Shalom begins with a field of black brushwork layered over white—a visual base shared with the denim and canvas works. Across this surface, jagged division lines echo the logic of butcher diagrams, segmenting the page into compartments of difference. Some sections remain empty. Others are filled with fragments: a partial excerpt from the Bible, a child eating a sandwich from square 36 of Chutes and Ladders, and a stylized image of a woman on the telephone.
The biblical text, partially obscured, evokes divine instruction—its fragmentation suggesting the difficulty of extracting clarity from inherited doctrine. The child from Chutes and Ladders represents moral consequence rendered as gameplay: reward through obedience, setback through misbehavior. And the woman on the telephone becomes a symbol of spiritual outreach—communication as longing, ritual, or confession.
The title, Shalom, invokes the Hebrew concept of peace—not merely the absence of conflict, but the presence of wholeness, harmony, and divine alignment.
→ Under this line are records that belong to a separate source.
-- ===== src/Lib.antt =====
-- The JavaScript of the platform: the API gateway, the authentication, notification and user
-- services behind it, and the state of the dashboard. A request reaches the gateway, which
-- checks its token (or lets a public route pass), writes the identity of the token to the
-- headers, counts the call against the limit of its caller, and passes it on; the services trust
-- those headers. The authentication service makes the tokens; its refresh tokens are in a map of
-- the process and, where there is one, in Redis. The gateway forwards the events of Kafka
-- to the dashboards, which keep them, and merge those on health into the snapshot that they ask
-- the gateway for; the notification service alerts on some of these events.
--
-- Which file models which part:
--   services/api-gateway/src/memoryRedis.js            Gateway/MemoryRedis
--   services/api-gateway/src/rateLimit.js              Gateway/RateLimit, .../Remote
--   services/api-gateway/src/auth.js                   Gateway/Auth, Gateway/Auth/Keys
--   services/api-gateway/src/routing.js                Gateway/Routing
--   services/api-gateway/src/socketHub.js              Gateway/SocketHub
--   services/api-gateway/src/server.js                 Gateway/Server, Gateway/Startup
--   services/auth-service/src/rbac.js                  AuthService/Rbac
--   services/auth-service/src/tokenStore.js            AuthService/TokenStore
--   services/auth-service/src/server.js                AuthService/Server/State, .../Handlers,
--                                                      AuthService/Startup
--   services/notification-service/src/server.js        Notification/Dedupe, .../Deliver,
--                                                      Notification/Consumer, .../App
--   services/user-service/src/server.js                UserService/Server, UserService/App
--   frontend/src/hooks/useRealtime.js                  Frontend/Realtime
--   frontend/src/lib/api.js                            Frontend/Api, Frontend/Shape
--   frontend/src/main.jsx                              Frontend/Api
--   frontend/src/App.jsx                               Frontend/Snapshot, Frontend/Api,
--                                                      Frontend/View/Page, Frontend/Session
--   frontend/src/pages, frontend/src/components        Frontend/Rows, Frontend/Overview,
--                                                      Frontend/View
-- Platform holds what the parts do together: the tokens of the authentication service at the
-- gateway, the user service behind it, the way of an event from Kafka to the dashboard, and the
-- dashboard's calls of the gateway.
-- What a component of the dashboard returns is an element of Frontend/Markup, with its properties,
-- its handlers among them, and its children; Frontend/Session is the open dashboard, whose inputs
-- are what the user does with these handlers, messages of the socket, polls, and ends of experiments.
-- A function has the name of the source in snake case: `checkRateLimit` is `check_rate_limit`,
-- `saveRefreshToken` is `save_refresh_token`; a route's handler has the name of what it does:
-- `POST /auth/refresh` is `refresh`, `PATCH /users/:id` is `patch_user`. The other files hold
-- proofs, and Tests holds runs at concrete inputs. JsMap is JavaScript's `Map` and `Set` with
-- text keys, in insertion order; Common has the numbers, lists and texts that the models share.
--
-- State is passed explicitly: a handler takes the state and the readings of its run (clock,
-- random values), and returns the state, the reply and the cookie. Each reading of a clock is an
-- argument of its own, since the clock moves between two of them. An exception that no handler
-- catches is a value (`crashed`, `thrown`). Where a handler waits on the way, as registration does
-- for the hash of the password, login for its comparison, and refresh for the session, what follows
-- is a function of its own (`register_finish`, `login_finish`, `renew`), so that other requests can
-- stand before it. Other waits, as for the write of a token to Redis, are not split.
--
-- Packages are arguments. Redis is the record `RedisClient` of Redis.antt, with the documented
-- behaviour of `get`, `set` with a lifetime, and `del`; the in-memory Redis of the gateway fills
-- it in Gateway/MemoryRedis/Client. The reading and writing of JSON at a session is `Codec`,
-- bcrypt and the signing of tokens are fields of `Env`, the check of a signature and the fetching
-- of a key are arguments of the functions that use them, as are the mail transport and the
-- webhooks. The check of a token is asked for an issuer and an audience at a time, and is relied
-- on only for tokens of these that have not expired. The gateway's chain takes Express, which
-- matches methods and paths, in its `Config`. `fetch`, the query package and `JSON.parse` are
-- arguments where the dashboard, the hub and the consumer use them, and so is what the pipeline of
-- a Redis that can fail gives. React draws the page anew from its state, and the state of a
-- component lasts as long as it is drawn.
--
-- Bounds: times are milliseconds as natural numbers, and a lower bound that the source computes
-- below zero is an integer. The retry loop of the key has the ten attempts of the source as its
-- fuel. The fields of a body to the authentication service are texts or absent; a stored user of
-- the user service is a map from property names to values, since a PATCH can write any of them,
-- `__proto__` excepted, which JavaScript treats apart. The figures of a snapshot are whole numbers,
-- an error rate in thousandths and a score or an accuracy in hundredths; the average on the
-- dashboard is kept as a sum and a count.
--
-- Not modelled: the services in Python and Go, the preflight requests that the cors package
-- answers, what the chart, graph and icon packages draw, style sheets, the durations that are
-- observed, logging, the key set that jose makes of the public key, the start of the servers, and
-- routes of the authentication service that answer with a constant or only call a package.
pub mod Common
pub mod JsMap
pub mod Redis
pub mod Gateway
pub mod AuthService
pub mod Notification
pub mod UserService
pub mod Tests
pub mod Frontend
pub mod Platform
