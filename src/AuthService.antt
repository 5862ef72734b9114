-- ===== src/AuthService.antt =====
-- services/auth-service/src: roles and permissions, the refresh tokens and the handlers.
pub mod Rbac
pub mod TokenStore
pub mod Server
pub mod Startup
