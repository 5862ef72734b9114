-- ===== src/Common/Lists.antt =====
-- Lists measured by native numbers, and predicates on every element.
use Prim.Native.Nat.{ℕ, zero, suc, ◌+◌, ◌≤◌}
use mathlib.Core.Path.{◌≡◌, refl, sym, ap, ◌∙◌}
use mathlib.Core.Bool.{Bool, true, false, ◌||◌, ◌&&◌, false≢true}
use mathlib.Core.List.{List, [], ◌∷◌, ◌++◌, Memᴰ}
use mathlib.Core.Logic.{◌⊎◌, ◌≢◌, inl, inr}
use mathlib.Core.Option.{Option, none, some}
use native.Mathlib.Omega.{arith}
use aiself_healer.Common.Tests.{Bool-cases, if◌then◌else◌}

module _ {ℓ} {A : Type ℓ} where
  abbrev pub length : List A → ℕ
  length [] = 0
  length (x ∷ xs) = suc (length xs)

  -- `Array.prototype.filter`
  abbrev pub keep : (A → Bool) → List A → List A
  keep p [] = []
  keep p (x ∷ xs) = if p x then x ∷ keep p xs else keep p xs

  -- `Array.prototype.some`
  abbrev pub any : (A → Bool) → List A → Bool
  any p [] = false
  any p (x ∷ xs) = p x || any p xs

  -- `Array.prototype.every`
  abbrev pub every : (A → Bool) → List A → Bool
  every p [] = true
  every p (x ∷ xs) = p x && every p xs

  -- `Array.prototype.find`
  abbrev pub find : (A → Bool) → List A → Option A
  find p [] = none
  find p (x ∷ xs) = if p x then some x else find p xs

  -- `slice(0, n)`
  abbrev pub take : ℕ → List A → List A
  take zero elements = []
  take (suc n) [] = []
  take (suc n) (first ∷ others) = first ∷ take n others

  pub length-append : (xs ys : List A) → length (xs ++ ys) ≡ length xs + length ys
  length-append [] ys = omega arith
  length-append (x ∷ xs) ys = omega (arith, length-append xs ys)

  -- the first elements are at most as many as were asked for
  pub length-take-le : (n : ℕ) (elements : List A) → length (take n elements) ≤ n
  length-take-le zero elements = omega arith
  length-take-le (suc n) [] = omega arith
  length-take-le (suc n) (first ∷ others) =
      let rest = length-take-le n others in omega (arith, rest)

  -- what is cut off twice
  pub take-take-suc : (n : ℕ) (xs : List A) → take n (take (suc n) xs) ≡ take n xs
  take-take-suc n [] = refl
  take-take-suc zero (x ∷ xs) = refl
  take-take-suc (suc n) (x ∷ xs) = ap (◌∷◌ x) (take-take-suc n xs)

  pub take-cons-take : (n : ℕ) (x : A) (xs : List A) → take n (x ∷ take n xs) ≡ take n (x ∷ xs)
  take-cons-take zero x xs = refl
  take-cons-take (suc n) x xs = ap (◌∷◌ x) (take-take-suc n xs)

  pub take-of_le : (n : ℕ) (xs : List A) → length xs ≤ n → take n xs ≡ xs
  take-of_le zero [] h = refl
  take-of_le zero (x ∷ xs) h = absurd (omega (arith, h))
  take-of_le (suc n) [] h = refl
  take-of_le (suc n) (x ∷ xs) h = ap (◌∷◌ x) (take-of_le n xs (omega (arith, h)))

  pub every-mem :
      (p : A → Bool) (xs : List A) → every p xs ≡ true → {x : A} → Memᴰ x xs → p x ≡ true
  every-mem p [] h m = elim m [ ]
  every-mem p (y ∷ ys) h (Memᴰ.head e) = rw e (ground arith)
  every-mem p (y ∷ ys) h (Memᴰ.tail m) = every-mem p ys (ground arith) m

  pub find-holds : (p : A → Bool) (xs : List A) (x : A) → find p xs ≡ some x → p x ≡ true
  find-holds p [] x h = ground arith
  find-holds p (y ∷ ys) x h = ground (arith, find-holds p ys x)

module _ {ℓ κ} {A : Type ℓ} (P : A → Type κ) where
  abbrev pub All : List A → Type κ
  All [] = Unit
  All (x ∷ xs) = P x × All xs

  pub All-append : (xs ys : List A) → All xs → All ys → All (xs ++ ys)
  All-append [] ys hx hy = hy
  All-append (x ∷ xs) ys hx hy = (hx.0, All-append xs ys hx.1 hy)

pub All-map {ℓ κ μ} :
    {A : Type ℓ} {P : A → Type κ} {Q : A → Type μ} (f : (x : A) → P x → Q x) (xs : List A)
    → All P xs
    → All Q xs
All-map f [] h = tt
All-map f (x ∷ xs) h = (f x h.0, All-map f xs h.1)

module _ {ℓ} {A : Type ℓ} (p : A → Bool) where
  pub any-mem : (xs : List A) → any p xs ≡ true → (x : A) × Memᴰ x xs × (p x ≡ true)
  any-mem [] h = absurd (false≢true h)
  any-mem (x ∷ xs) h = elim (Bool-cases (p x)) [
    | inl here ↦ (x, Memᴰ.head refl, here)
    | inr other ↦ let (y, m, e) = any-mem xs (ground arith) in (y, Memᴰ.tail m, e)
  ]

  pub any_of_mem : (x : A) (xs : List A) → Memᴰ x xs → p x ≡ true → any p xs ≡ true
  any_of_mem x [] m h = elim m [ ]
  any_of_mem x (y ∷ ys) (Memᴰ.head e) h = rw (← e) (rw h)
  any_of_mem x (y ∷ ys) (Memᴰ.tail m) h = ground (arith, any_of_mem x ys m h)

  pub any-false : (x : A) (xs : List A) → Memᴰ x xs → any p xs ≡ false → p x ≡ false
  any-false x xs m h = elim (Bool-cases (p x)) [
    | inl e ↦ absurd (false≢true (sym h ∙ any_of_mem x xs m e))
    | inr e ↦ e
  ]

module _ {ℓ} {A : Type ℓ} where
  pub mem-append_left : {p : A} (xs ys : List A) → Memᴰ p xs → Memᴰ p (xs ++ ys)
  mem-append_left (x ∷ xs) ys (Memᴰ.head e) = Memᴰ.head e
  mem-append_left (x ∷ xs) ys (Memᴰ.tail m) = Memᴰ.tail (mem-append_left xs ys m)
  mem-append_left [] ys m = elim m [ ]

  pub mem-append_right : {p : A} (xs ys : List A) → Memᴰ p ys → Memᴰ p (xs ++ ys)
  mem-append_right [] ys m = m
  mem-append_right (x ∷ xs) ys m = Memᴰ.tail (mem-append_right xs ys m)

  pub mem-append_cases : {p : A} (xs ys : List A) → Memᴰ p (xs ++ ys) → Memᴰ p xs ⊎ Memᴰ p ys
  mem-append_cases [] ys m = inr m
  mem-append_cases (x ∷ xs) ys (Memᴰ.head e) = inl (Memᴰ.head e)
  mem-append_cases (x ∷ xs) ys (Memᴰ.tail m) = elim (mem-append_cases xs ys m) [
    | inl here ↦ inl (Memᴰ.tail here)
    | inr there ↦ inr there
  ]

  pub mem-cons_cases : {p q : A} {xs : List A} → Memᴰ p (q ∷ xs) → (p ≡ q) ⊎ Memᴰ p xs
  mem-cons_cases (Memᴰ.head e) = inl e
  mem-cons_cases (Memᴰ.tail m) = inr m

  -- No element stands twice.
  abbrev pub IsDistinct : List A → Type ℓ
  IsDistinct [] = Unit
  IsDistinct (x ∷ xs) = All (λ y. x ≢ y) xs × IsDistinct xs

  pub IsDistinct-append_one :
      (xs : List A) (y : A) → IsDistinct xs → ¬ Memᴰ y xs → IsDistinct (xs ++ y ∷ [])
  IsDistinct-append_one [] y d fresh = (tt, tt)
  IsDistinct-append_one (x ∷ xs) y d fresh = (
    All-append (λ z. x ≢ z) xs (y ∷ []) d.0 (λ e. fresh (Memᴰ.head (sym e)), tt),
    IsDistinct-append_one xs y d.1 (λ m. fresh (Memᴰ.tail m)),
  )
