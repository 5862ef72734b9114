-- ===== src/Common/Text.antt =====
-- Texts as JavaScript tests and takes them apart. A text is falsy when it is absent or empty.
use Prim.Native.Char.{code}
use Prim.Native.String
use Prim.Native.String.{String}
use mathlib.Core.Path.{◌≡◌}
use mathlib.Core.Bool.{Bool, true, false}
use mathlib.Core.List.{List, [], ◌∷◌}
use mathlib.Core.Option.{Option, none, some}
use native.Mathlib.Omega.{arith}
use text.Mathlib.TextEquality.{Char-path}
use text.Mathlib.TextLemmas.{nil-append, cons-append}
use aiself_healer.Common.Tests.{nat_eq, if◌then◌else◌}

abbrev pub is_empty : String → Bool
is_empty s = elim s [ String.[] ↦ true | String.◌∷◌ c t ↦ false ]

-- `Boolean(a)`
abbrev pub truthy : Option String → Bool
truthy none = false
truthy (some a) = elim (is_empty a) [ true ↦ false | false ↦ true ]

-- `a || b`, where both may be absent
abbrev pub or_else : Option String → Option String → Option String
or_else none b = b
or_else (some a) b = elim (is_empty a) [ true ↦ b | false ↦ some a ]

-- `a || "d"`
abbrev pub text_or : Option String → String → String
text_or none d = d
text_or (some a) d = elim (is_empty a) [ true ↦ d | false ↦ a ]

infixr 65 ◌<>◌
abbrev pub ◌<>◌ : String → String → String
s <> t = String.◌++◌ s t

-- `s.startsWith(p)`, with `s.slice(p.length)` where it does.
unfoldable pub after_prefix : String → String → Option String
after_prefix String.[] s = some s
after_prefix (String.◌∷◌ c p) String.[] = none
after_prefix (String.◌∷◌ c p) (String.◌∷◌ d s) =
    if nat_eq (code c) (code d) then after_prefix p s else none

pub after_prefix-append : (p s : String) → after_prefix p (p <> s) ≡ some s
unfolding after_prefix
after_prefix-append String.[] s = rw (nil-append s)
after_prefix-append (String.◌∷◌ c p) s =
    rw (cons-append c p s, after_prefix) (ground (arith, after_prefix-append p s))

-- What is left over, put behind the prefix again, is the text.
pub append-after_prefix : (p s rest : String) → after_prefix p s ≡ some rest → s ≡ p <> rest
unfolding after_prefix
append-after_prefix String.[] s rest h = ground (arith, nil-append rest)
append-after_prefix (String.◌∷◌ c p) String.[] rest h = ground arith
append-after_prefix (String.◌∷◌ c p) (String.◌∷◌ d s) rest h =
    ground (arith, cons-append c p rest, Char-path c d, append-after_prefix p s rest)

-- `parts.join(",")`
unfoldable pub join_commas : List String → String
join_commas [] = ""
join_commas (s ∷ []) = s
join_commas (s ∷ t ∷ rest) = s <> "," <> join_commas (t ∷ rest)

-- `s.includes(p)`
unfoldable pub contains : String → String → Bool
unfolding after_prefix
contains p String.[] = is_empty p
contains p (String.◌∷◌ c s) =
    let later = contains p s in
    elim (after_prefix p (String.◌∷◌ c s)) [ some rest ↦ true | none ↦ later ]

-- `s.replace(p, "")`, which takes out the first occurrence of the text
unfoldable pub remove_first : String → String → String
unfolding after_prefix
remove_first p String.[] = String.[]
remove_first p (String.◌∷◌ c s) =
    let later = remove_first p s in
    elim (after_prefix p (String.◌∷◌ c s)) [ some rest ↦ rest | none ↦ String.◌∷◌ c later ]
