-- ===== src/JsMap.antt =====
-- JavaScript's `Map` and `Set` with text keys: association lists in insertion order. `set` on a
-- present key keeps its place; `delete` on an absent key changes nothing.
pub mod Laws
use aiself_healer.Common.{
  String, Bool, true, false, Option, none, some, List, [], ◌∷◌, ◌==◌, if◌then◌else◌, map, any,
}

abbrev pub JsMap {ℓ} : Type ℓ → Type ℓ
JsMap V = List (String × V)

module _ {ℓ} {V : Type ℓ} where
  unfoldable pub get : String → JsMap V → Option V
  get k [] = none
  get k ((j, v) ∷ m) = if j == k then some v else get k m

  unfoldable pub set : String → V → JsMap V → JsMap V
  set k v [] = (k, v) ∷ []
  set k v ((j, w) ∷ m) = if j == k then (j, v) ∷ m else (j, w) ∷ set k v m

  unfoldable pub delete : String → JsMap V → JsMap V
  delete k [] = []
  delete k ((j, v) ∷ m) = if j == k then delete k m else (j, v) ∷ delete k m

  unfoldable pub has : String → JsMap V → Bool
  unfolding get
  has k m = elim (get k m) [ none ↦ false | some _ ↦ true ]

  -- `[...map.values()]`
  abbrev pub values : JsMap V → List V
  values m = map (λ e. e.1) m

-- A `Set` of texts.
unfoldable pub set_has : String → List String → Bool
set_has k [] = false
set_has k (j ∷ s) = if j == k then true else set_has k s

unfoldable pub set_add : String → List String → List String
set_add k [] = k ∷ []
set_add k (j ∷ s) = if j == k then j ∷ s else j ∷ set_add k s
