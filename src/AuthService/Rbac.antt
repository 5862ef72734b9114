-- ===== src/AuthService/Rbac.antt =====
-- services/auth-service/src/rbac.js.
pub mod Laws
use aiself_healer.Common.{
  String, Bool, true, false, Option, none, some, List, [], ◌∷◌, ◌++◌, ◌==◌, if◌then◌else◌, map, any,
}
use aiself_healer.JsMap
use aiself_healer.JsMap.{JsMap}

-- An element of a permission list: a text, or, where a role is spelled like a member that every
-- object inherits, that member.
pub data Permission : Type 0 where
  named : String → Permission
  inherited : String → Permission

abbrev pub roles_table : JsMap (List String)
roles_table =
    ("super_admin", "*" ∷ [])
    ∷ ("tenant_admin", "users:*" ∷ "data:*" ∷ "alerts:*" ∷ "chaos:run" ∷ "healing:run" ∷ [])
    ∷ ("operator", "alerts:read" ∷ "healing:run" ∷ "chaos:run" ∷ "metrics:read" ∷ [])
    ∷ ("viewer", "alerts:read" ∷ "metrics:read" ∷ "dashboard:read" ∷ [])
    ∷ ("ai_engineer", "metrics:read" ∷ "models:*" ∷ "alerts:read" ∷ [])
    ∷ []

-- the members of `Object.prototype`, which `ROLES[role]` finds too
abbrev pub prototype_members : List String
prototype_members =
    "constructor" ∷ "__defineGetter__" ∷ "__defineSetter__" ∷ "hasOwnProperty" ∷ "__lookupGetter__"
    ∷ "__lookupSetter__" ∷ "isPrototypeOf" ∷ "propertyIsEnumerable" ∷ "toString" ∷ "valueOf"
    ∷ "__proto__" ∷ "toLocaleString" ∷ []

-- what `flatMap` adds for a role: `ROLES[role] || []`, a member that is no array as one element
unfoldable pub entry : String → List Permission
entry role = elim (JsMap.get role roles_table) [
  | some permissions ↦ map named permissions
  | none ↦ if any (λ m. m == role) prototype_members then inherited role ∷ [] else []
]

abbrev pub same_permission : Permission → Permission → Bool
same_permission (named p) (named q) = p == q
same_permission (inherited p) (inherited q) = p == q
same_permission _ _ = false

unfoldable pub flat_entries : List String → List Permission
flat_entries [] = []
flat_entries (role ∷ roles) = entry role ++ flat_entries roles

-- `add` of a `Set`, which keeps the order of insertion
unfoldable pub add : List Permission → Permission → List Permission
add s p = if any (λ q. same_permission q p) s then s else s ++ p ∷ []

unfoldable pub add_all : List Permission → List Permission → List Permission
add_all s [] = s
add_all s (p ∷ ps) = add_all (add s p) ps

-- `[...new Set(roles.flatMap(…))]`; the parameter's default is the empty list
unfoldable pub permissions_for : Option (List String) → List Permission
permissions_for none = []
permissions_for (some roles) = add_all [] (flat_entries roles)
Here, that ideal is fractured. The diagram divides what shalom seeks to unify. Each section becomes a moral vignette, a symbolic echo of belief systems that promise unity but operate through segmentation.
In the context of New Morality, Shalom critiques the way spiritual and cultural systems divide the sacred into digestible parts. It stages peace not as a given, but as a pursuit—one that must navigate doctrine, nostalgia, and mediated connection.